◆ Problem ◆
Check every line of the records below for the string "ended" and copy the ones that have it.

[Stored items]

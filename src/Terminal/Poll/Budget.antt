-- ===== src/Terminal/Poll/Budget.antt =====
-- crates/zyris-capkit/src/terminal/mod.rs: a poll ends.
use zyris_protocol.Prelude.{
  ℕ, zero, suc, ◌+◌, ◌-◌, ◌/◌, ◌≤◌, ◌<◌, min, ◌≡◌, refl, ◌≢◌, Bool, false, Option, none, some,
  arith, leb, if◌then◌else◌, leb→le, if-cases,
}
use zyris_protocol.Prelude.Int.{ℤ}
use zyris_protocol.Terminal.Exec.{
  Chars, Launched, neither, both, empty_argv, launches, checked_launch,
}
use zyris_protocol.Terminal.Poll.{
  poll_loop, ExecOutput, Attempt, ran, broken, Polling, Condition, PollArgs, keep_attempt,
  interval_of, budget_of, max_chars_of, condition_of, poll_start, poll_end, poll, Polled, refused,
  failed, polled, clamp, or_default, poll_max_timeout_secs, poll_default_timeout_secs,
}

-- How a loop from `p` comes out: with an error, or after so many attempts.
unfoldable Ends : ℕ → Polling → Option (Option Polling) → Type 0
Ends budget p none = ⊥
Ends budget p (some none) = Unit {0}
Ends budget p (some (some q)) =
    (p.attempts ≤ q.attempts)
    × (q.attempts ≤ p.attempts + (budget - p.now + 999) / 1000)
    × (p.now < budget → p.attempts < q.attempts)

module _ (digits : ℕ → Chars) (signed : ℤ → Chars) (condition : Condition) (interval budget : ℕ)
    (run : ℕ → ℕ → Attempt) (slow : 1000 ≤ interval) where
  unfoldable next_round : Polling → ExecOutput → ℕ → Polling
  unfolding keep_attempt
  next_round p out took =
      let q = keep_attempt digits signed condition p out took in
      record q { now = q.now + min interval (budget - q.now) }

  met_now :
      (p : Polling) (out : ExecOutput) (took : ℕ)
      → p.now < budget
      → Ends budget p (some (some (keep_attempt digits signed condition p out took)))
  unfolding Ends keep_attempt
  met_now p out took h = (omega arith, omega (arith, h), λ k. omega arith)

  later :
      (p : Polling) (out : ExecOutput) (took : ℕ) (o : Option (Option Polling))
      → p.now < budget
      → p.now + took < budget
      → Ends budget (next_round p out took) o
      → Ends budget p o
  unfolding Ends next_round keep_attempt
  later p out took none h k e = e
  later p out took (some none) h k e = tt
  later p out took (some (some q)) h k (a, b, c) =
      (omega (arith, a), omega (arith, b, slow, h, k), λ l. omega (arith, a))

  poll_loop-Ends :
      (fuel : ℕ) (p : Polling)
      → budget < p.now + fuel
      → p.now ≤ budget
      → Ends budget p (poll_loop digits signed condition interval budget run fuel p)
  unfolding Ends poll_loop next_round keep_attempt
  poll_loop-Ends zero p h k = omega (arith, h, k)
  poll_loop-Ends (suc fuel) p h k =
      if-cases (Ends budget p) (leb budget p.now)
        (λ spent. (omega arith, omega arith, λ l. omega (arith, l, leb→le budget p.now spent)))
        (λ left.
          ran_or_broken (poll_loop-Ends fuel) (ground (arith, left))
            (run (p.attempts + 1) (budget - p.now)))
    where
      gt : (took : ℕ) → leb budget (p.now + took) ≡ false → p.now + took < budget
      gt took over = ground (arith, over)

      ran_or_broken :
          ((q : Polling)
            → budget < q.now + fuel
            → q.now ≤ budget
            → Ends budget q (poll_loop digits signed condition interval budget run fuel q))
          → p.now < budget
          → (a : Attempt)
          → Ends budget p (elim a [
            | broken ↦ some none
            | ran out took ↦
                let q = keep_attempt digits signed condition p out took in
                let rest =
                  poll_loop digits signed condition interval budget run fuel
                    (next_round p out took) in
                if q.met then some (some q) else if leb budget q.now then some (some q) else rest
          ])
      ran_or_broken on l broken = tt
      ran_or_broken on l (ran out took) =
          if-cases (Ends budget p) (keep_attempt digits signed condition p out took).met
            (λ m. met_now p out took l)
            (λ unmet.
              if-cases (Ends budget p) (leb budget (p.now + took)) (λ spent. met_now p out took l)
                (λ over. later p out took _ l (ground (arith, over)) (
                  on (next_round p out took) (omega (arith, h, slow, gt took over))
                    (omega (arith, gt took over)))))

-- The window that a poll may spend, in seconds.
unfoldable pub window_of : PollArgs → ℕ
window_of a = clamp 1 poll_max_timeout_secs (or_default poll_default_timeout_secs a.timeout_secs)

-- How a poll whose arguments give `head` comes out: refused with what the head says, or with an
-- attempt's error, or with a result of at least one attempt and at most one for each second.
unfoldable pub IsConcluded : ℕ → Launched → Option Polled → Type 0
IsConcluded window head none = ⊥
IsConcluded window head (some (refused why)) = (why ≡ head) × (head ≢ launches)
IsConcluded window head (some failed) = head ≡ launches
IsConcluded window head (some (polled r)) =
    (head ≡ launches) × (1 ≤ r.attempts) × (r.attempts ≤ window) × (window ≤ 600)

-- A poll comes to an end, whatever its attempts do and however long they take: it is refused as the
-- head of exec refuses, or fails with an attempt, or gives a result of at least one attempt and of
-- at most one for each second of its window, which is at most 600.
pub poll-IsConcluded :
    (space : ℕ → Bool) (digits : ℕ → Chars) (signed : ℤ → Chars) (run : ℕ → ℕ → Attempt)
    (a : PollArgs)
    → IsConcluded
        (window_of a)
        (checked_launch space a.command a.argv)
        (poll space digits signed run a)
unfolding IsConcluded poll window_of interval_of budget_of Ends poll_start poll_end
poll-IsConcluded space digits signed run a = answered (checked_launch space a.command a.argv)
  where
    looped : Option (Option Polling)
    looped =
        poll_loop digits signed (condition_of a) (interval_of a) (budget_of a) run
          (suc (budget_of a)) poll_start

    ended :
        (o : Option (Option Polling))
        → Ends (budget_of a) poll_start o
        → IsConcluded (window_of a) launches (elim o [
          | none ↦ none
          | some none ↦ some failed
          | some (some p) ↦ some (polled (poll_end (max_chars_of a) p))
        ])
    ended none e = e
    ended (some none) e = refl
    ended (some (some q)) (more, few, one) =
        (refl, one (omega arith), omega (arith, few), omega arith)

    answered :
        (head : Launched)
        → IsConcluded (window_of a) head (elim head [
          | neither ↦ some (refused neither)
          | both ↦ some (refused both)
          | empty_argv ↦ some (refused empty_argv)
          | launches ↦ elim looped [
            | none ↦ none
            | some none ↦ some failed
            | some (some p) ↦ some (polled (poll_end (max_chars_of a) p))
          ]
        ])
    answered neither = (refl, ground arith)
    answered both = (refl, ground arith)
    answered empty_argv = (refl, ground arith)
    answered launches = ended looped (
        poll_loop-Ends digits signed (condition_of a) (interval_of a) (budget_of a) run
          (omega arith) (suc (budget_of a)) poll_start (omega arith) (omega arith))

◆ Response to this exercise ◆
    ended :
    ended none e = e
    ended (some none) e = refl
    ended (some (some q)) (more, few, one) =
    answered launches = ended looped (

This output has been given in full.